7.4 Differentiable Perception Systems
Differentiable rendering can be integrated into perception systems to provide geometric supervision.
Examples:
- learning depth from view synthesis;
- optimizing pose from image reconstruction;
- training neural scene representations;
- enforcing multi-view consistency;
- learning 3D structure without direct 3D labels.
This is important because 3D annotations are expensive, while images and videos are abundant.
7.5 Occupancy World Models
World models aim to predict how the environment evolves over time.
Computer graphics contributes to this direction by providing tools for:
- 3D scene representation;
- dynamic scene modeling;
- differentiable simulation;
- neural rendering;
- future view and future occupancy prediction.
For my research, graphics is especially relevant to occupancy world models, where the goal is to model both current 3D structure and future scene evolution.
8. Personal Study Plan
My computer graphics study plan has three layers.
8.1 Classical Graphics Layer
Main topics:
- geometry;
- transformations;
- meshes;
- rasterization;
- shading;
- texture mapping;
- ray tracing.
Goal:
- understand the forward rendering pipeline;
- build intuition for 3D representation;
- connect graphics with camera geometry.
8.2 Neural Graphics Layer
Main topics:
- differentiable rendering;
- NeRF;
- dynamic NeRF;
- 3D Gaussian Splatting;
- neural implicit surfaces;
- neural scene representations.
Goal:
- understand how neural networks represent and render 3D scenes;
- learn how image supervision can train 3D models;
- connect neural rendering with 3D perception.
8.3 Autonomous Driving and Embodied Layer
Main topics:
- simulation;
- synthetic data;
- occupancy representation;
- dynamic scene modeling;
- differentiable perception;
- occupancy world models.
Goal:
- connect computer graphics to my research in autonomous driving perception;
- understand how graphics-based representations can support predictive 3D scene understanding;
- explore future links between neural rendering, collaborative perception, and embodied AI.
Closing Remarks
Computer graphics provides the forward model of vision: how 3D worlds produce images.

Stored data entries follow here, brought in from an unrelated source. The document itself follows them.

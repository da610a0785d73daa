-- ===== src/Lenenc/Agreement.antt =====
-- How the writers and readers of length-encoded integers agree, and where they do not.
use oblogproxy.Common.{
  ℕ, ◌/◌, ◌%◌, ◌^◌, ◌≤◌, ◌<◌, ◌≡◌, ◌⊎◌, List, ◌∷◌, ◌++◌, some, ltb, if◌then◌else◌, length, arith,
  append_assoc, drop, subst, refl,
}
use oblogproxy.Bytes.{◌>>=◌, int2store, int3store, int8store, le_bytes, load_le}
use oblogproxy.Lenenc.{
  packet_store_length, write_lenenc_uint, get_lenenc_uint, get_packed_integer, ullong_max,
  after_first, get_lenenc_wide,
}
use oblogproxy.Bytes.RoundTrip.{int1load-cons, load_le-le_bytes}

get_lenenc_uint-cons : (b : ℕ) (rest : List ℕ) → get_lenenc_uint (b ∷ rest) ≡ after_first b rest
unfolding get_lenenc_uint
get_lenenc_uint-cons b rest = rw (int1load-cons b rest, ◌>>=◌)

-- Below 2 ^ 16, and from 2 ^ 24 on below the largest 64-bit number, the two writers write the same
-- bytes into a buffer with room for nine.
pub write_lenenc_uint-packet_store_length :
    (capacity v : ℕ)
    → 9 ≤ capacity
    → (v < 2 ^ 16) ⊎ ((2 ^ 24 ≤ v) × (v < ullong_max))
    → write_lenenc_uint capacity v ≡ some (packet_store_length v)
unfolding write_lenenc_uint packet_store_length int2store int8store
write_lenenc_uint-packet_store_length capacity v h r = ground arith

-- What `get_lenenc_uint` makes of a number that `write_lenenc_uint` wrote.
abbrev pub read_back : ℕ → ℕ
read_back v =
    if ltb v (2 ^ 16)
    then v
    else if ltb v (2 ^ 24)
    then v / 256
    else if ltb v ullong_max
    then v % 2 ^ 32
    else ullong_max

upper_three :
    (v : ℕ) (rest : List ℕ)
    → v < 2 ^ 24
    → load_le 3 (drop 1 (le_bytes 4 v) ++ rest) ≡ some (v / 256, rest)
upper_three v rest h =
    subst (λ bs. load_le 3 (bs ++ rest) ≡ some (v / 256, rest)) same
      (load_le-le_bytes 3 (v / 256) rest (omega arith))
  where
    same : le_bytes 3 (v / 256) ≡ drop 1 (le_bytes 4 v)
    same = unfold le_bytes in refl

lower_four :
    (v : ℕ) (rest : List ℕ) → get_lenenc_wide (le_bytes 8 v ++ rest) ≡ some (v % 2 ^ 32, rest)
unfolding get_lenenc_wide
lower_four v rest =
    rw (halves, append_assoc, load_le-le_bytes 4 (v % 2 ^ 32) _ (omega arith), ◌>>=◌)
      (unfold le_bytes in refl)
  where
    halves : le_bytes 8 v ≡ le_bytes 4 (v % 2 ^ 32) ++ le_bytes 4 (v / 2 ^ 32)
    halves = unfold le_bytes in ground arith

-- Whenever `write_lenenc_uint` succeeds on a 64-bit number, `get_lenenc_uint` takes exactly the
-- bytes that it wrote; it returns the number itself below 2 ^ 16, the number divided by 256 from
-- there below 2 ^ 24, its low 32 bits from there below the largest 64-bit number, and that number
-- for itself.
pub get_lenenc_uint-write_lenenc_uint :
    (capacity v : ℕ) (bs rest : List ℕ)
    → v < 2 ^ 64
    → write_lenenc_uint capacity v ≡ some bs
    → get_lenenc_uint (bs ++ rest) ≡ some (read_back v, rest)
unfolding write_lenenc_uint after_first
get_lenenc_uint-write_lenenc_uint capacity v bs rest h e = ground (
  arith,
  get_lenenc_uint-cons v rest,
  get_lenenc_uint-cons 0xfb rest,
  get_lenenc_uint-cons 0xfc (le_bytes 2 v ++ rest),
  get_lenenc_uint-cons 0xfd (drop 1 (le_bytes 4 v) ++ rest),
  get_lenenc_uint-cons 0xfe (le_bytes 8 v ++ rest),
  load_le-le_bytes 2 v rest,
  upper_three v rest,
  lower_four v rest,
)

load_le-int3store :
    (v : ℕ) (rest : List ℕ) → v < 2 ^ 24 → load_le 3 (int3store v ++ rest) ≡ some (v, rest)
load_le-int3store v rest h =
    subst (λ bs. load_le 3 (bs ++ rest) ≡ some (v, rest)) same (load_le-le_bytes 3 v rest h)
  where
    same : le_bytes 3 v ≡ int3store v
    same = unfold le_bytes int3store in ground arith

-- `get_lenenc_uint` reads back what `packet_store_length` wrote, for every length of 32 bits.
pub get_lenenc_uint-packet_store_length :
    (v : ℕ) (rest : List ℕ)
    → v < 2 ^ 32
    → get_lenenc_uint (packet_store_length v ++ rest) ≡ some (v, rest)
unfolding packet_store_length after_first int2store int3store int8store
get_lenenc_uint-packet_store_length v rest h = ground (
  arith,
  get_lenenc_uint-cons v rest,
  get_lenenc_uint-cons 252 (le_bytes 2 v ++ rest),
  get_lenenc_uint-cons 253 (int3store v ++ rest),
  get_lenenc_uint-cons 254 (le_bytes 8 v ++ rest),
  load_le-le_bytes 2 v rest,
  load_le-int3store v rest,
  lower_four v rest,
)

-- The size that `get_packed_integer` predicts is the one that `write_lenenc_uint` writes, but for
-- two ranges, where it is too small: it predicts 3 bytes for 4 at [2 ^ 16, 2 ^ 17) and 4 bytes for
-- 9 at [2 ^ 24, 2 ^ 25). (The largest 64-bit number is left out.)
pub get_packed_integer-write_lenenc_uint :
    (capacity v : ℕ) (bs : List ℕ)
    → v < ullong_max
    → write_lenenc_uint capacity v ≡ some bs
    → (length bs ≡ get_packed_integer v)
      ⊎ ((2 ^ 16 ≤ v) × (v < 2 ^ 17) × (length bs ≡ 4) × (get_packed_integer v ≡ 3))
      ⊎ ((2 ^ 24 ≤ v) × (v < 2 ^ 25) × (length bs ≡ 9) × (get_packed_integer v ≡ 4))
unfolding write_lenenc_uint get_packed_integer le_bytes
get_packed_integer-write_lenenc_uint capacity v bs h e = ground arith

Computer vision solves the inverse problem: how images reveal 3D worlds.
For my PhD preparation, I want to understand both sides.

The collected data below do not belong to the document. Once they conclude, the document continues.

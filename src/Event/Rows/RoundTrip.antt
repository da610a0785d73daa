-- ===== src/Event/Rows/RoundTrip.antt =====
-- Reading back the rows events with one image.
use oblogproxy.Common.{
  drop_exact, ℕ, ◌+◌, ◌-◌, ◌^◌, ◌<◌, ◌≡◌, ◌∙◌, refl, sym, List, [], ◌++◌, none, some, false, ◌==◌,
  length, arith, append_assoc, append-nil, length-append, length-replicate, take-length, le→leb,
  inl,
}
use oblogproxy.Bytes.{◌>>=◌, run, int2store, int6store, fill_bit_map}
use oblogproxy.Bytes.RoundTrip.{
  load_bytes-append, int2load-int2store, int6load-int6store, store_lengths,
}
use oblogproxy.Lenenc.{packet_store_length}
use oblogproxy.Lenenc.Agreement.{
  write_lenenc_uint-packet_store_length, get_lenenc_uint-packet_store_length,
}
use oblogproxy.Event.Header.{flush_header, common_header_length, partial_update_rows_event}
use oblogproxy.Event.Checksum.{write_checksum, get_checksum_len, get_checksum_len-le}
use oblogproxy.Event.Framing.{IsEvent, run_framed}
use oblogproxy.Event.Rows.{
  RowsEvent, RowsEventType, max_packet_integer_len, copy, write_rows, bitmap_len, body,
  flush_to_buff, row_bytes, read_parts, deserialize_write, deserialize_delete,
}

-- The bytes of an event with one image.
abbrev pub one_image : RowsEvent → List ℕ → List ℕ → List ℕ
one_image e bitmaps row =
    int6store e.table_id
    ++ (int2store e.flags
        ++ (int2store e.var_header_len
            ++ (packet_store_length e.width
                ++ (fill_bit_map (bitmap_len e.width) ++ (bitmaps ++ row)))))

pub record OneImage (e : RowsEvent) (bitmaps row : List ℕ) : Type 0 where
  pub event_fits : IsEvent e.event (length (one_image e bitmaps row))
  pub table_id_fits : e.table_id < 2 ^ 48
  pub flags_fit : e.flags < 2 ^ 16
  pub var_header_len_fits : e.var_header_len < 2 ^ 16
  pub width_fits : e.width < 2 ^ 16
  pub bitmaps_sized : length bitmaps ≡ bitmap_len e.width

pub copy_all : (bs : List ℕ) (n : ℕ) → length bs ≡ n → copy n (some bs) ≡ some bs
unfolding copy
copy_all bs n h = rw (← h, le→leb (length bs) (length bs) (omega arith), take-length) refl

length-fill_bit_map : (n : ℕ) → length (fill_bit_map n) ≡ n
unfolding fill_bit_map
length-fill_bit_map n = length-replicate {A = ℕ} n 0xff

consumed : (xs ys : List ℕ) → length (xs ++ ys) - length ys ≡ length xs
consumed xs ys = omega (arith, length-append xs ys)

module _ (e : RowsEvent) (bitmaps row : List ℕ) (v : OneImage e bitmaps row) where
  length-one_image :
      length (one_image e bitmaps row)
      ≡ 10 + length (packet_store_length e.width) + bitmap_len e.width + length bitmaps + length row
  length-one_image = simp (length-append, store_lengths, length-fill_bit_map) (omega arith)

  row_size :
      row_bytes e.header.event_length
        (common_header_length
          + 10
          + length (packet_store_length e.width)
          + bitmap_len e.width
          + bitmap_len e.width)
        (get_checksum_len e.checksum_flag)
      ≡ length row
  row_size = omega (
    arith,
    v.bitmaps_sized,
    v.event_fits.header_fits.event_length_fits,
    v.event_fits.sized,
    get_checksum_len-le e.checksum_flag,
    length-one_image,
  )

  read_parts-one_image :
      (rest : List ℕ)
      → read_parts e.checksum_flag e.header (one_image e bitmaps row ++ rest)
        ≡ some ((e.table_id, e.flags, e.var_header_len, e.width, bitmaps, row), rest)
  unfolding read_parts
  read_parts-one_image rest = simp append_assoc (
      rw (
        int6load-int6store e.table_id _ v.table_id_fits,
        ◌>>=◌,
        int2load-int2store e.flags _ v.flags_fit,
        ◌>>=◌,
        int2load-int2store e.var_header_len _ v.var_header_len_fits,
        ◌>>=◌,
        get_lenenc_uint-packet_store_length e.width _ (omega (arith, v.width_fits)),
        ◌>>=◌,
        drop_exact (bitmap_len e.width) (fill_bit_map (bitmap_len e.width))
            (bitmaps ++ (row ++ rest)) (length-fill_bit_map (bitmap_len e.width)),
        load_bytes-append (bitmap_len e.width) bitmaps (row ++ rest) v.bitmaps_sized,
        ◌>>=◌,
        consumed (packet_store_length e.width)
            (fill_bit_map (bitmap_len e.width) ++ (bitmaps ++ (row ++ rest))),
        row_size,
        load_bytes-append (length row) row rest refl,
      ))

pub record IsWrite (e : RowsEvent) (bitmaps : List ℕ) : Type 0 where
  pub kind : e.rows_event_type ≡ RowsEventType.insert
  pub code : (e.header.type_code == partial_update_rows_event) ≡ false
  pub one : OneImage e bitmaps e.after_row
  pub columns : e.after_image_cols ≡ bitmap_len e.width
  pub bitmaps_there : e.columns_after_bitmaps ≡ some bitmaps
  pub all_of_row : e.after_pos ≡ length e.after_row

body-write :
    (e : RowsEvent) (bitmaps : List ℕ)
    → IsWrite e bitmaps
    → body e ≡ some (one_image e bitmaps e.after_row)
unfolding body write_rows
body-write e bitmaps v =
    rw
      (
        v.kind,
        v.code,
        v.columns,
        v.bitmaps_there,
        copy_all bitmaps (bitmap_len e.width) v.one.bitmaps_sized,
        copy_all e.after_row e.after_pos (sym v.all_of_row),
        write_lenenc_uint-packet_store_length max_packet_integer_len e.width (omega arith)
            (inl v.one.width_fits),
      )
      (simp append_assoc refl)

-- A WriteRowsEvent in range is written whole, and read back, whatever follows it, with its header
-- and checksum flag, its fixed fields, its width, the bitmap of its columns and its row. The number of
-- its image's columns is then the width, the end of its row 0, and of the image before there is nothing.
pub deserialize_write-flush_to_buff :
    (crc32 : List ℕ → ℕ) (e : RowsEvent) (bitmaps rest : List ℕ)
    → IsWrite e bitmaps
    → (bs : List ℕ) × (flush_to_buff crc32 e ≡ some bs)
      × (deserialize_write e.checksum_flag (bs ++ rest)
          ≡ some (record {
            event = e.event;
            table_id = e.table_id;
            flags = e.flags;
            var_header_len = e.var_header_len;
            width = e.width;
            before_image_cols = 0;
            after_image_cols = e.width;
            columns_before_bitmaps = none;
            columns_after_bitmaps = some bitmaps;
            partial_columns_bitmaps = none;
            partial_cols_bytes = 0;
            before_row = [];
            after_row = e.after_row;
            before_pos = 0;
            after_pos = 0;
            rows_event_type = RowsEventType.insert;
          }))
unfolding flush_to_buff deserialize_write
deserialize_write-flush_to_buff crc32 e bitmaps rest v = (
  write_checksum crc32 e.checksum_flag (flush_header e.header ++ one_image e bitmaps e.after_row),
  rw (body-write e bitmaps v) refl,
  run_framed crc32 e.event (one_image e bitmaps e.after_row) rest _ v.one.event_fits
      ∙ rw (read_parts-one_image e bitmaps e.after_row v.one _, run, ◌>>=◌),
)

pub record IsDelete (e : RowsEvent) (bitmaps : List ℕ) : Type 0 where
  pub kind : e.rows_event_type ≡ RowsEventType.delete
  pub code : (e.header.type_code == partial_update_rows_event) ≡ false
  pub one : OneImage e bitmaps e.before_row
  pub columns : e.before_image_cols ≡ bitmap_len e.width
  pub bitmaps_there : e.columns_before_bitmaps ≡ some bitmaps
  pub all_of_row : e.before_pos ≡ length e.before_row

body-delete :
    (e : RowsEvent) (bitmaps : List ℕ)
    → IsDelete e bitmaps
    → body e ≡ some (one_image e bitmaps e.before_row)
unfolding body write_rows
body-delete e bitmaps v =
    rw
      (
        v.kind,
        v.code,
        v.columns,
        v.bitmaps_there,
        copy_all bitmaps (bitmap_len e.width) v.one.bitmaps_sized,
        copy_all e.before_row e.before_pos (sym v.all_of_row),
        write_lenenc_uint-packet_store_length max_packet_integer_len e.width (omega arith)
            (inl v.one.width_fits),
      )
      (simp (append_assoc, append-nil) refl)

-- The same for a DeleteRowsEvent and its image before.
pub deserialize_delete-flush_to_buff :
    (crc32 : List ℕ → ℕ) (e : RowsEvent) (bitmaps rest : List ℕ)
    → IsDelete e bitmaps
    → (bs : List ℕ) × (flush_to_buff crc32 e ≡ some bs)
      × (deserialize_delete e.checksum_flag (bs ++ rest)
          ≡ some (record {
            event = e.event;
            table_id = e.table_id;
            flags = e.flags;
            var_header_len = e.var_header_len;
            width = e.width;
            before_image_cols = e.width;
            after_image_cols = 0;
            columns_before_bitmaps = some bitmaps;
            columns_after_bitmaps = none;
            partial_columns_bitmaps = none;
            partial_cols_bytes = 0;
            before_row = e.before_row;
            after_row = [];
            before_pos = 0;
            after_pos = 0;
            rows_event_type = RowsEventType.delete;
          }))
unfolding flush_to_buff deserialize_delete
deserialize_delete-flush_to_buff crc32 e bitmaps rest v = (
  write_checksum crc32 e.checksum_flag (flush_header e.header ++ one_image e bitmaps e.before_row),
  rw (body-delete e bitmaps v) refl,
  run_framed crc32 e.event (one_image e bitmaps e.before_row) rest _ v.one.event_fits
      ∙ rw (read_parts-one_image e bitmaps e.before_row v.one _, run, ◌>>=◌),
)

The most important connections are:
- geometry explains 3D structure;
- rendering explains image formation;
- differentiable rendering connects images and optimization;
- NeRF represents scenes as continuous neural fields;
- 3D Gaussian Splatting provides efficient explicit neural scene representation;
- graphics-based simulation supports autonomous driving and embodied AI;
- occupancy world models connect 3D perception, prediction, and scene evolution.
This foundation will support my research in 3D perception, semantic occupancy prediction, collaborative perception, and occupancy-based world modeling.